··· Data for the task ···

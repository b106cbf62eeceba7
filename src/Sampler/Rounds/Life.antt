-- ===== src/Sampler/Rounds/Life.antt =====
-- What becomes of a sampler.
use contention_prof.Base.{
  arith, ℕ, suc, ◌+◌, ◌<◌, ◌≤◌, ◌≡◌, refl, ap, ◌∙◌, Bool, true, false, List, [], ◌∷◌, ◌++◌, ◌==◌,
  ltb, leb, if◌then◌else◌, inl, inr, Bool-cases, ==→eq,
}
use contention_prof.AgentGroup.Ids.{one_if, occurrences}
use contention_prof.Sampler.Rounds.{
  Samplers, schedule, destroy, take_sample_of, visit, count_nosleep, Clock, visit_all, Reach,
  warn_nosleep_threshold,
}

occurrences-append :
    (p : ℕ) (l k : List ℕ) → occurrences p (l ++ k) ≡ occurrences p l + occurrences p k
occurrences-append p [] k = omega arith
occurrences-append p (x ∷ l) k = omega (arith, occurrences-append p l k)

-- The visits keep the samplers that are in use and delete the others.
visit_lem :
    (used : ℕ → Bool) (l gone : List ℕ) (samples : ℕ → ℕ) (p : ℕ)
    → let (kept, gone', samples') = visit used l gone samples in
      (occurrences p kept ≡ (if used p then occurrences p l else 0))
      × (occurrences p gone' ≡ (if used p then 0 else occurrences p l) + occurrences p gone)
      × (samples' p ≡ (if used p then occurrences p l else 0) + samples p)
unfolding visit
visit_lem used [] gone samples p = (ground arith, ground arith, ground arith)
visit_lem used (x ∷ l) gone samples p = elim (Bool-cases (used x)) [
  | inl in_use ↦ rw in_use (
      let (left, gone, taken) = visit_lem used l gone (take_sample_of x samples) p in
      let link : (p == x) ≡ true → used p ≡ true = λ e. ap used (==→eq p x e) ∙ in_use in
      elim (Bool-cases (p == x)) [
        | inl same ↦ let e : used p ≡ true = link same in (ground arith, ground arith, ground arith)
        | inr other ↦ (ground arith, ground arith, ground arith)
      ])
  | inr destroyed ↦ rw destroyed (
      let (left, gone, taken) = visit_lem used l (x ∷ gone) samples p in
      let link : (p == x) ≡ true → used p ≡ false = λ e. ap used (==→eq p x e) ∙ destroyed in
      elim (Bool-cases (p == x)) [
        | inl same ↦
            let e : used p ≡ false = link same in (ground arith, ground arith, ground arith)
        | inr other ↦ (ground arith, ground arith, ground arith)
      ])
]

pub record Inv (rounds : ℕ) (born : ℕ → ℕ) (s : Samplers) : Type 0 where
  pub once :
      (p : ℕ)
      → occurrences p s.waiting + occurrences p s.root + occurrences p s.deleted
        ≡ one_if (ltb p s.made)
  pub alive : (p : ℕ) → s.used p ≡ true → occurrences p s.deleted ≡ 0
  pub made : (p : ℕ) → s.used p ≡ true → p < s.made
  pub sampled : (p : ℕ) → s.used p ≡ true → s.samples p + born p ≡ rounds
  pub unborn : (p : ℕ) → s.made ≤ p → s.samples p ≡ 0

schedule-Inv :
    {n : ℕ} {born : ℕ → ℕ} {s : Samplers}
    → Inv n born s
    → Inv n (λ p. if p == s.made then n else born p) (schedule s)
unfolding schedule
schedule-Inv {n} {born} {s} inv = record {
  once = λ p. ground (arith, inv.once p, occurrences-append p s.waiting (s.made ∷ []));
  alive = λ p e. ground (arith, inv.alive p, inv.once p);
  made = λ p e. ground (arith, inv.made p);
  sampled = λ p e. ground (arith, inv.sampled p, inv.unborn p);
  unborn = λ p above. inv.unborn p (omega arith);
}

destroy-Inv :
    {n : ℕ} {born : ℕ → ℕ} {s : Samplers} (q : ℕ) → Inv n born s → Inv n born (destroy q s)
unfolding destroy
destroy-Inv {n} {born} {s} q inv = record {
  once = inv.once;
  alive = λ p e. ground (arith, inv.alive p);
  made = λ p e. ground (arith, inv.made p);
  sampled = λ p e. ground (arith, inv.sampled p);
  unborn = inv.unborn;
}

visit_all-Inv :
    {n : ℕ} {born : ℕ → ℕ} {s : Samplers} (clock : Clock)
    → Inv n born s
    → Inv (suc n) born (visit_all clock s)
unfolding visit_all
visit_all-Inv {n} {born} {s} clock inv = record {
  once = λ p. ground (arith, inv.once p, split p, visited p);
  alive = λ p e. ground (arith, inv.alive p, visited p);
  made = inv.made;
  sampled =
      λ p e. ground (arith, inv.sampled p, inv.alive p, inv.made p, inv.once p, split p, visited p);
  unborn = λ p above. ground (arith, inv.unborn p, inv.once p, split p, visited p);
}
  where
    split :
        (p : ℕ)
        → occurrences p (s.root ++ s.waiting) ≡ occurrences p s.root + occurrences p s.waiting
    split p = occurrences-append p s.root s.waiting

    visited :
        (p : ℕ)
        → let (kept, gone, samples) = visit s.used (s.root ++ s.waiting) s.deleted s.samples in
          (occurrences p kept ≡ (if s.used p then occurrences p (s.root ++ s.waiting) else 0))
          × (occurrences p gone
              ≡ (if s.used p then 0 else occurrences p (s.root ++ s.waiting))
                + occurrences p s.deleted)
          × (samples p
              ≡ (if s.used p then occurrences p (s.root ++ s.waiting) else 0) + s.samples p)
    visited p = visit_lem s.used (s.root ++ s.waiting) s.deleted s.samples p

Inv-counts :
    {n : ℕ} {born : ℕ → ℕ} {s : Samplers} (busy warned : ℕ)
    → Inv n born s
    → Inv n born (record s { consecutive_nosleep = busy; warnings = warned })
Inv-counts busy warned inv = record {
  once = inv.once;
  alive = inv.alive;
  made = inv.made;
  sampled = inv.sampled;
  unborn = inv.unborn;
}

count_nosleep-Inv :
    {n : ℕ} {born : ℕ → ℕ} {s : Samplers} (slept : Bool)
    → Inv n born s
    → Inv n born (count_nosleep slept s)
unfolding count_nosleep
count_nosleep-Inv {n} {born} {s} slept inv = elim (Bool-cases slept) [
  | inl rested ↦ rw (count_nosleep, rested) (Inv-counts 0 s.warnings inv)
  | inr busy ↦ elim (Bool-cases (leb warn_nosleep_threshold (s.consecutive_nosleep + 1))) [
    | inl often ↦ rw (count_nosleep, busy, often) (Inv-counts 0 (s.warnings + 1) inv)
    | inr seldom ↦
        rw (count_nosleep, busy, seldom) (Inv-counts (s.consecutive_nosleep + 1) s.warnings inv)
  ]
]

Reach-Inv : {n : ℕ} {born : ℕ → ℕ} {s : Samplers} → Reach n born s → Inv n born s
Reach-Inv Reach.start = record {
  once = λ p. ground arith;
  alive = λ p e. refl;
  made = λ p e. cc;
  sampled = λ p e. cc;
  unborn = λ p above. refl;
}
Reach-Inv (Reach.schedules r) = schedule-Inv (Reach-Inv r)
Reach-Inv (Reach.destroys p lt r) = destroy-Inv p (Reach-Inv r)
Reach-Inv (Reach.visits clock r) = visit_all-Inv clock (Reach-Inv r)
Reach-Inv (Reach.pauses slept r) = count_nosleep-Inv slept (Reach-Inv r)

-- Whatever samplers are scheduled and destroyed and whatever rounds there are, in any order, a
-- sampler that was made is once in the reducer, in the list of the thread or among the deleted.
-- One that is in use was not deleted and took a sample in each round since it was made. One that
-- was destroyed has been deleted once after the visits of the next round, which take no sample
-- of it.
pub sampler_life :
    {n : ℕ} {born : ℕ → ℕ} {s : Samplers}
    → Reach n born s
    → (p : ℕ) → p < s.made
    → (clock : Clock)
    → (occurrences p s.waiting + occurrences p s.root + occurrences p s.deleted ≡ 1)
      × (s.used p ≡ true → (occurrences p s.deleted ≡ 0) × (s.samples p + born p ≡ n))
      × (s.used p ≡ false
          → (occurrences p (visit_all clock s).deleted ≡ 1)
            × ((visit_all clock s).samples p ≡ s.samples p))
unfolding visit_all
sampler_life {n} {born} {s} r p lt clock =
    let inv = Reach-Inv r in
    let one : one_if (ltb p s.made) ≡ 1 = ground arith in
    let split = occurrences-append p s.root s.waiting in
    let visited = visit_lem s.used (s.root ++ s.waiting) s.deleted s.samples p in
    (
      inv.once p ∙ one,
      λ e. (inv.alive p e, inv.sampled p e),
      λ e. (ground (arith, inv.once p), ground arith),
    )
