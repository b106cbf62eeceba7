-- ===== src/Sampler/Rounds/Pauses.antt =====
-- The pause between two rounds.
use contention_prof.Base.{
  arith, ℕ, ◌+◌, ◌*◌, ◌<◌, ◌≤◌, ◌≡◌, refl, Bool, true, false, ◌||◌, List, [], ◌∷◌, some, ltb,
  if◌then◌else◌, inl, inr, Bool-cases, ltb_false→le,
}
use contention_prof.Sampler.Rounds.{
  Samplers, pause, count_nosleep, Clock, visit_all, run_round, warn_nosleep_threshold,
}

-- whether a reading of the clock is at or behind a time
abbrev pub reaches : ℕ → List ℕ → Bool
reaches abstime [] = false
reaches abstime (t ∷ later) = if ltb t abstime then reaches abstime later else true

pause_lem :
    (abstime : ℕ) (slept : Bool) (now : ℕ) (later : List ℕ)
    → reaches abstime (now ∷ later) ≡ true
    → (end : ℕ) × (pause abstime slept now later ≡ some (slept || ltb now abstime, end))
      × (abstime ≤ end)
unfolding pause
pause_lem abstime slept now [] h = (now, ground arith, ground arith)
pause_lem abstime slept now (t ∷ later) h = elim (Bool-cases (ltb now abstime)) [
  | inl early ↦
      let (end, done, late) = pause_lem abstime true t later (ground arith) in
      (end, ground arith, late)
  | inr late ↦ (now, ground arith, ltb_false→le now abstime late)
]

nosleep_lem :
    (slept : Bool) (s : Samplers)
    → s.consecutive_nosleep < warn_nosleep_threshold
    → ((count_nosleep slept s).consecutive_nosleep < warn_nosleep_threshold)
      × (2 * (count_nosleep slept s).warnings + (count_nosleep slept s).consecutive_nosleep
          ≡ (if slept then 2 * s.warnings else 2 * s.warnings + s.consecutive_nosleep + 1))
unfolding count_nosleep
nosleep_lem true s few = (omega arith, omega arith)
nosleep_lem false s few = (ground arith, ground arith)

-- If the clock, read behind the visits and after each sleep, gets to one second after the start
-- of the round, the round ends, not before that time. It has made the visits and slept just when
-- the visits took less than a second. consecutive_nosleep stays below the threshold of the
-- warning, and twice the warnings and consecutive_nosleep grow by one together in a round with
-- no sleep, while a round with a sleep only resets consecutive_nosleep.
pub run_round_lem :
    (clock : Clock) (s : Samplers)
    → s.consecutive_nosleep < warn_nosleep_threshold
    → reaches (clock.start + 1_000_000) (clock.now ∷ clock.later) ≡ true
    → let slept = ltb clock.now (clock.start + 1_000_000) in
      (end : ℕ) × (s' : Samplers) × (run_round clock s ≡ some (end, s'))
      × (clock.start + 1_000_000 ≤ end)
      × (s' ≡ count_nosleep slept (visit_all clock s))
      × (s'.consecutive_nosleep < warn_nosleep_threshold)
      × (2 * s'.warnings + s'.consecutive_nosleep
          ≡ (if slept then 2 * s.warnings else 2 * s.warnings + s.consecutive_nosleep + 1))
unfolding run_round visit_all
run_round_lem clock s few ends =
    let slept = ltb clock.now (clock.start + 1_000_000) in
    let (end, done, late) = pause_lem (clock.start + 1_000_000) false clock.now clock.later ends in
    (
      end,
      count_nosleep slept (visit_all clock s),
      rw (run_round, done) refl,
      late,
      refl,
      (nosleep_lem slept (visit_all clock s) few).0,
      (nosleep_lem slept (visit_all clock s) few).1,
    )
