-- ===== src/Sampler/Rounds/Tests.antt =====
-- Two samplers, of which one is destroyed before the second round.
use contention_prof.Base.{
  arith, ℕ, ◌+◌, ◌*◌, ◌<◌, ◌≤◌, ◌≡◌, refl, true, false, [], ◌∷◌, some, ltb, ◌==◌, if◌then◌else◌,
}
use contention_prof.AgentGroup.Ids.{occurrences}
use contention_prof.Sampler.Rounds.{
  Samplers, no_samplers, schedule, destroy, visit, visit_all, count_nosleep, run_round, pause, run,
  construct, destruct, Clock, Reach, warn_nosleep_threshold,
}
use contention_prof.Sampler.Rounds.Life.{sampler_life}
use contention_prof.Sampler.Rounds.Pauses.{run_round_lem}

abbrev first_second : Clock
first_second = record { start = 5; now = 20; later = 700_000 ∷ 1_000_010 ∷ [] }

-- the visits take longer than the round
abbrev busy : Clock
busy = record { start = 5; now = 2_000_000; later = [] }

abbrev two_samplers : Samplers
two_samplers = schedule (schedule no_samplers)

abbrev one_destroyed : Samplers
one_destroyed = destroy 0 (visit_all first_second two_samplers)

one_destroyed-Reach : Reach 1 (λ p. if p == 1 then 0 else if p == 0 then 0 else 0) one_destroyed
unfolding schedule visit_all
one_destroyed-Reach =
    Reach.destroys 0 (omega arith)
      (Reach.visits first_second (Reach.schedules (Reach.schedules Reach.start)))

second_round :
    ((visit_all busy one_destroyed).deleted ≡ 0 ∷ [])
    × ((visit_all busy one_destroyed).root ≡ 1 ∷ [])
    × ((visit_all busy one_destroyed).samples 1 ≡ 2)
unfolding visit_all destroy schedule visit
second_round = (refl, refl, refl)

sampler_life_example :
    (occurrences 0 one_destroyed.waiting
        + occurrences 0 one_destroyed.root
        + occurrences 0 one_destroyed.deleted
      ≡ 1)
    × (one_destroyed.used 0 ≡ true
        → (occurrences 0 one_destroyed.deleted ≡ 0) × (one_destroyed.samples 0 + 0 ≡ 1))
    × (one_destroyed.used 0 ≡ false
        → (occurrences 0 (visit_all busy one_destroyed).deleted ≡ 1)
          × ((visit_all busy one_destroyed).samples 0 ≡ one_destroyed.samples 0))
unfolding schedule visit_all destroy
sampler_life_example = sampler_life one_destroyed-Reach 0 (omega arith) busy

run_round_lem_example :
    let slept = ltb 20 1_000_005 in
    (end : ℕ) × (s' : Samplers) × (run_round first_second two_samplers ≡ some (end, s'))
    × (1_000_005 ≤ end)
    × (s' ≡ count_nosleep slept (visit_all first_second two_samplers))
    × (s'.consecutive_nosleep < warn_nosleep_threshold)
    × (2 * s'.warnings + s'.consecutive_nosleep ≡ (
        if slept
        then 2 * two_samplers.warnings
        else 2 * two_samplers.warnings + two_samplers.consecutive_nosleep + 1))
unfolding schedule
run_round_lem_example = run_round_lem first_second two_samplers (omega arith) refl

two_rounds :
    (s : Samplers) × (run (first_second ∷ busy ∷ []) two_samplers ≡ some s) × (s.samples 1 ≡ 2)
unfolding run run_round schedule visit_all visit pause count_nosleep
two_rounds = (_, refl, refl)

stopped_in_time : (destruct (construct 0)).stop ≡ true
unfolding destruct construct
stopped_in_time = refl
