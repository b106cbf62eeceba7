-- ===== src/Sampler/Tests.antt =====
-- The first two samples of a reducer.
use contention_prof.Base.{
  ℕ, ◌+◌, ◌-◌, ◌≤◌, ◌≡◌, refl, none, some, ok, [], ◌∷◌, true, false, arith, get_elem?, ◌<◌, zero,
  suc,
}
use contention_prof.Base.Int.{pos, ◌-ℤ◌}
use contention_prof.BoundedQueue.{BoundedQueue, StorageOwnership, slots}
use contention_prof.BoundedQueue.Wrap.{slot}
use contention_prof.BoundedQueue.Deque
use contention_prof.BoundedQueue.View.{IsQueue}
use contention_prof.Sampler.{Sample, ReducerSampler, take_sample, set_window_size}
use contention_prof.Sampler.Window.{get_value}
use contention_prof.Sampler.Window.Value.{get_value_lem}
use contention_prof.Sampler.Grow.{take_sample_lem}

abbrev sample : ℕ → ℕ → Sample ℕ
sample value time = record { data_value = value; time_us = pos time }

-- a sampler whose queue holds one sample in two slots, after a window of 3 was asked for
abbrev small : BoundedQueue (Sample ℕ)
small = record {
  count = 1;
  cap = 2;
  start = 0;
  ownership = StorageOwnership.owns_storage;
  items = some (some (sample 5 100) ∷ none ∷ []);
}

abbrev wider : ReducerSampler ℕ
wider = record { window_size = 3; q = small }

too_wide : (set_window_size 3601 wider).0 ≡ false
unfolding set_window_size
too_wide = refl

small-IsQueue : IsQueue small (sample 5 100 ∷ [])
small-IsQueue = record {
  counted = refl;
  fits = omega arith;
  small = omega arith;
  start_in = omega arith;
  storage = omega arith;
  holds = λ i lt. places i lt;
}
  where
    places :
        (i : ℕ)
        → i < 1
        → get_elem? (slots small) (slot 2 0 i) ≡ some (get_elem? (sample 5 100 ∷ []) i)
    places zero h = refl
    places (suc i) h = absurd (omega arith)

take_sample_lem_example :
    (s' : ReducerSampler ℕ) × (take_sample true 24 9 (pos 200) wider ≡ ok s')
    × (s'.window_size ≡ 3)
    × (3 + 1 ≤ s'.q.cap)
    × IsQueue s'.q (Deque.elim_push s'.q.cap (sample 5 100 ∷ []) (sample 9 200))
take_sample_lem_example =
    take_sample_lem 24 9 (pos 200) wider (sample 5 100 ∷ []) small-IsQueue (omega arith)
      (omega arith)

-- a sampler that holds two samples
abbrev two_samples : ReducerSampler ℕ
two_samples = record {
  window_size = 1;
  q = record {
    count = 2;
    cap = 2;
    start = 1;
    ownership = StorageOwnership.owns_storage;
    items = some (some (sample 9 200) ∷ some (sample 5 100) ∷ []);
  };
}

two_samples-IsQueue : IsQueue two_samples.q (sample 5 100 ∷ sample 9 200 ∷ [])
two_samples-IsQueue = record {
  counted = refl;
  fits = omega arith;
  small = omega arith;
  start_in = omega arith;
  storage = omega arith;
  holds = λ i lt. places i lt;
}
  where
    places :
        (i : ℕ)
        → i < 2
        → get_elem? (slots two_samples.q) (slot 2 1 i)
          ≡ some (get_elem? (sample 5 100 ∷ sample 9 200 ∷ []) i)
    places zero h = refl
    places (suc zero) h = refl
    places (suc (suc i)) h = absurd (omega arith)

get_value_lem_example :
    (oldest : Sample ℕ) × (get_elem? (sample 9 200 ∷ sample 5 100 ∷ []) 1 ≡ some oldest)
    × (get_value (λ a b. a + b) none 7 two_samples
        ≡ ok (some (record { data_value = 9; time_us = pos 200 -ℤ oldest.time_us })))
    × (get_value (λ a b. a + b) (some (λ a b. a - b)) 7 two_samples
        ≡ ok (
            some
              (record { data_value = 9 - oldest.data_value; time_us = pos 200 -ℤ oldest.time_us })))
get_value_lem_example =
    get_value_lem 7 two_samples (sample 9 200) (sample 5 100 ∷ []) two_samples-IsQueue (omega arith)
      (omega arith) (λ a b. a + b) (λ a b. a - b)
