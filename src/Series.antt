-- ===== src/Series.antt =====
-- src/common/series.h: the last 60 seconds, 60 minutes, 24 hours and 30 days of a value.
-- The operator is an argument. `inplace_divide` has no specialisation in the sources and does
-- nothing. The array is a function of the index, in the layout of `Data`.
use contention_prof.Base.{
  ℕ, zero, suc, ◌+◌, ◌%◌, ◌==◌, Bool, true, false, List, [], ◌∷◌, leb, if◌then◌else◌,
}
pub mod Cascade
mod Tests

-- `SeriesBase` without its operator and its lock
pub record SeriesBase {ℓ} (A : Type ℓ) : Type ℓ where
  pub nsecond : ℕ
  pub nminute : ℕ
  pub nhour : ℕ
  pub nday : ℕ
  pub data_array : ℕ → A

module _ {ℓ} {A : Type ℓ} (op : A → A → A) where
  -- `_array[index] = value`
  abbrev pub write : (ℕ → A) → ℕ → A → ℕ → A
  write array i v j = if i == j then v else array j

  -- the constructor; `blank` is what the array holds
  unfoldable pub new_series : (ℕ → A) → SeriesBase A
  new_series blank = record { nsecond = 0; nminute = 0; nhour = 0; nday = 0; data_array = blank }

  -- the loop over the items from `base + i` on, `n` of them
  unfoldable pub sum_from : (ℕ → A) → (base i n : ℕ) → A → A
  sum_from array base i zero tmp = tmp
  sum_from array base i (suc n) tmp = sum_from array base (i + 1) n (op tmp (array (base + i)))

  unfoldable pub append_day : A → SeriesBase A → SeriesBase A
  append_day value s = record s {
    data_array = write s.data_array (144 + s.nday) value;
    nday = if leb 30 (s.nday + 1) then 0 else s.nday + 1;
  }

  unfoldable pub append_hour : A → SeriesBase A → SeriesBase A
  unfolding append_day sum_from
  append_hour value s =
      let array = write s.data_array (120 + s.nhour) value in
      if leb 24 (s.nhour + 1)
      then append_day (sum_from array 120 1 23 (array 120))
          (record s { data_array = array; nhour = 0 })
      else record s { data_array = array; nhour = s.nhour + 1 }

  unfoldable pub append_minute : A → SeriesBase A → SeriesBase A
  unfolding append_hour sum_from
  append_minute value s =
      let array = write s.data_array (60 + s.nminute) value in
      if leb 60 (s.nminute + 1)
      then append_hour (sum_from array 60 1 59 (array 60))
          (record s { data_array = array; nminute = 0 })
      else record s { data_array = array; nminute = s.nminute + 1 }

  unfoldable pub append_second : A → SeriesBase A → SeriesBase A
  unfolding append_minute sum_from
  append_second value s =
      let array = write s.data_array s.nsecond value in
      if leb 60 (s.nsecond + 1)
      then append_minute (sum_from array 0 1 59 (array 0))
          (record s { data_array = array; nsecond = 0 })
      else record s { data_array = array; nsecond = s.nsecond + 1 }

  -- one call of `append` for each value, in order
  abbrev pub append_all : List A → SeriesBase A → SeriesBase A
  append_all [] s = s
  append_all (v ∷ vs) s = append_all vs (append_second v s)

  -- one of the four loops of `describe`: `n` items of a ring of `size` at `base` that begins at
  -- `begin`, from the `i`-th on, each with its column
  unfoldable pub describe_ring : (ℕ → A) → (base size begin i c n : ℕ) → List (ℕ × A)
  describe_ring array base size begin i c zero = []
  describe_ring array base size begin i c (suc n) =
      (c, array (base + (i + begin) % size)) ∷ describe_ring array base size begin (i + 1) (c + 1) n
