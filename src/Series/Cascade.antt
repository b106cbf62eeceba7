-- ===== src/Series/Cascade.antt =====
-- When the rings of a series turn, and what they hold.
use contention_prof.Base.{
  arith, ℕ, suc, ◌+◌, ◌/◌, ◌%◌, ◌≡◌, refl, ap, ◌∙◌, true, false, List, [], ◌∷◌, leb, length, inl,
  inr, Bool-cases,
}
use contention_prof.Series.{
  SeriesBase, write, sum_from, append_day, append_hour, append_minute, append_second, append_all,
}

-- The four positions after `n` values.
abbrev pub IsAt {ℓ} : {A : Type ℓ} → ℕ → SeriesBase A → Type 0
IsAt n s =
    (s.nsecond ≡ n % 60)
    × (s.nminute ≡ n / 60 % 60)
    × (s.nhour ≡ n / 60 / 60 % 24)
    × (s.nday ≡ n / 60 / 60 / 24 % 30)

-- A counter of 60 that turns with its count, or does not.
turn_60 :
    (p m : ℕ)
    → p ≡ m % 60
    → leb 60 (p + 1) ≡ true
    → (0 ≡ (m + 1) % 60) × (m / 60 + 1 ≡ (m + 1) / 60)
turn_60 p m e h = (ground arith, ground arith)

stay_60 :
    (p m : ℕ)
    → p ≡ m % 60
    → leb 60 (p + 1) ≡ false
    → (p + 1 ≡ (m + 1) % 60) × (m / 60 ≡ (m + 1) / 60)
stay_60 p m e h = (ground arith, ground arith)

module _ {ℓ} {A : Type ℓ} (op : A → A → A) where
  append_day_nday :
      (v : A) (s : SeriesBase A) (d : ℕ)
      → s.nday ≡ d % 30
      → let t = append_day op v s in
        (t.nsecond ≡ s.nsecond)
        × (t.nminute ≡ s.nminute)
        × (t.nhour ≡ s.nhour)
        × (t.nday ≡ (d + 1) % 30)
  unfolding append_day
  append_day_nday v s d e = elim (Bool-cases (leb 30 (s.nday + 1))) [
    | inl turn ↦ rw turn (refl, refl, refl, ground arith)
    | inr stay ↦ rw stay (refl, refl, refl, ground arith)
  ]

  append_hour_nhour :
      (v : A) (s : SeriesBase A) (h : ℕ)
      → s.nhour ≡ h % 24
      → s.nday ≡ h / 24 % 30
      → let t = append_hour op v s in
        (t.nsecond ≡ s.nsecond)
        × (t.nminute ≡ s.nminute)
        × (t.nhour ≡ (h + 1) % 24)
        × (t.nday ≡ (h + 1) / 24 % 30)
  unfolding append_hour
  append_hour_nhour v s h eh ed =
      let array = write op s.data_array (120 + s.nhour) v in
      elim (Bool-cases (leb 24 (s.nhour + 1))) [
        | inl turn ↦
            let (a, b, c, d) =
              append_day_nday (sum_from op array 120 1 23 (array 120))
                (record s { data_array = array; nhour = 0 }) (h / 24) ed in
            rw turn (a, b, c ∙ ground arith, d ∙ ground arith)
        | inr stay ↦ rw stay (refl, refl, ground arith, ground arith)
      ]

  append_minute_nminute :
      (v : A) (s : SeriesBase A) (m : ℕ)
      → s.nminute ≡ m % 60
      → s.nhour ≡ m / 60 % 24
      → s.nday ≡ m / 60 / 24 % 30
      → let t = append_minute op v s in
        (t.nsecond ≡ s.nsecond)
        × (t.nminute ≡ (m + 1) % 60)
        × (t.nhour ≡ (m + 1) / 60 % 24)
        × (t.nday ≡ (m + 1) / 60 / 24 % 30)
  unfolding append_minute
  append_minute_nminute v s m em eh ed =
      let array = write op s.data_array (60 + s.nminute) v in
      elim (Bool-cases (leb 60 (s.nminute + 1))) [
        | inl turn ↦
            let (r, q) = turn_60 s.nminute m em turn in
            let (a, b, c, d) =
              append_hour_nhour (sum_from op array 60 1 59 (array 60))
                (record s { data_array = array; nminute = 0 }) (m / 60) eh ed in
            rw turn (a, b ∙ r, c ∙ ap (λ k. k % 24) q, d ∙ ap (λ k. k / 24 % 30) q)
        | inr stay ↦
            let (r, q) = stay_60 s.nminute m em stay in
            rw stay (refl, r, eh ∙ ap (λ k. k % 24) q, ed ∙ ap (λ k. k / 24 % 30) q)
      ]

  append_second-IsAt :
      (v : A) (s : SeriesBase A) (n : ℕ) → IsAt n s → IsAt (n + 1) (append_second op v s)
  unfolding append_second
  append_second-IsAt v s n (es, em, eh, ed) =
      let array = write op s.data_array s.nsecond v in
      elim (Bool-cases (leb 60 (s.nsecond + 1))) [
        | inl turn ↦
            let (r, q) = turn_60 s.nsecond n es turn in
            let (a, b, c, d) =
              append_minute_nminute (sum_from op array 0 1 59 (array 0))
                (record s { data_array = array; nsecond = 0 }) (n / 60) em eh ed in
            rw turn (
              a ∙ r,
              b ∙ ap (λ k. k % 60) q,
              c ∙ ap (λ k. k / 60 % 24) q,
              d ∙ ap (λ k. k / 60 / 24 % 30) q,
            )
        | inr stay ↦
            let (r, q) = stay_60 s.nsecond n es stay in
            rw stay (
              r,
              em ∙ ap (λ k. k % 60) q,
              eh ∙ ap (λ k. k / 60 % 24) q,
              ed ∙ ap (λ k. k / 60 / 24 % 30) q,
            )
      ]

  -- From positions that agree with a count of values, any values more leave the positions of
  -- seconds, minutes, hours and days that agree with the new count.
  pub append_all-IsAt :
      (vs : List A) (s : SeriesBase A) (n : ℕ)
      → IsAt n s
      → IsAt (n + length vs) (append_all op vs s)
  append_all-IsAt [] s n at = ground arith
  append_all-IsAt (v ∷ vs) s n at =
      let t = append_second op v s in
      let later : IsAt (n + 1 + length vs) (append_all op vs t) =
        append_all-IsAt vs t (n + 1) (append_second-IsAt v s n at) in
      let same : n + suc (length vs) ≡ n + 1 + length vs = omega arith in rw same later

···

What is required — For every line in the entries above that contains "ReducerSampler", add one to a count, and give that number by itself.

Your response — 4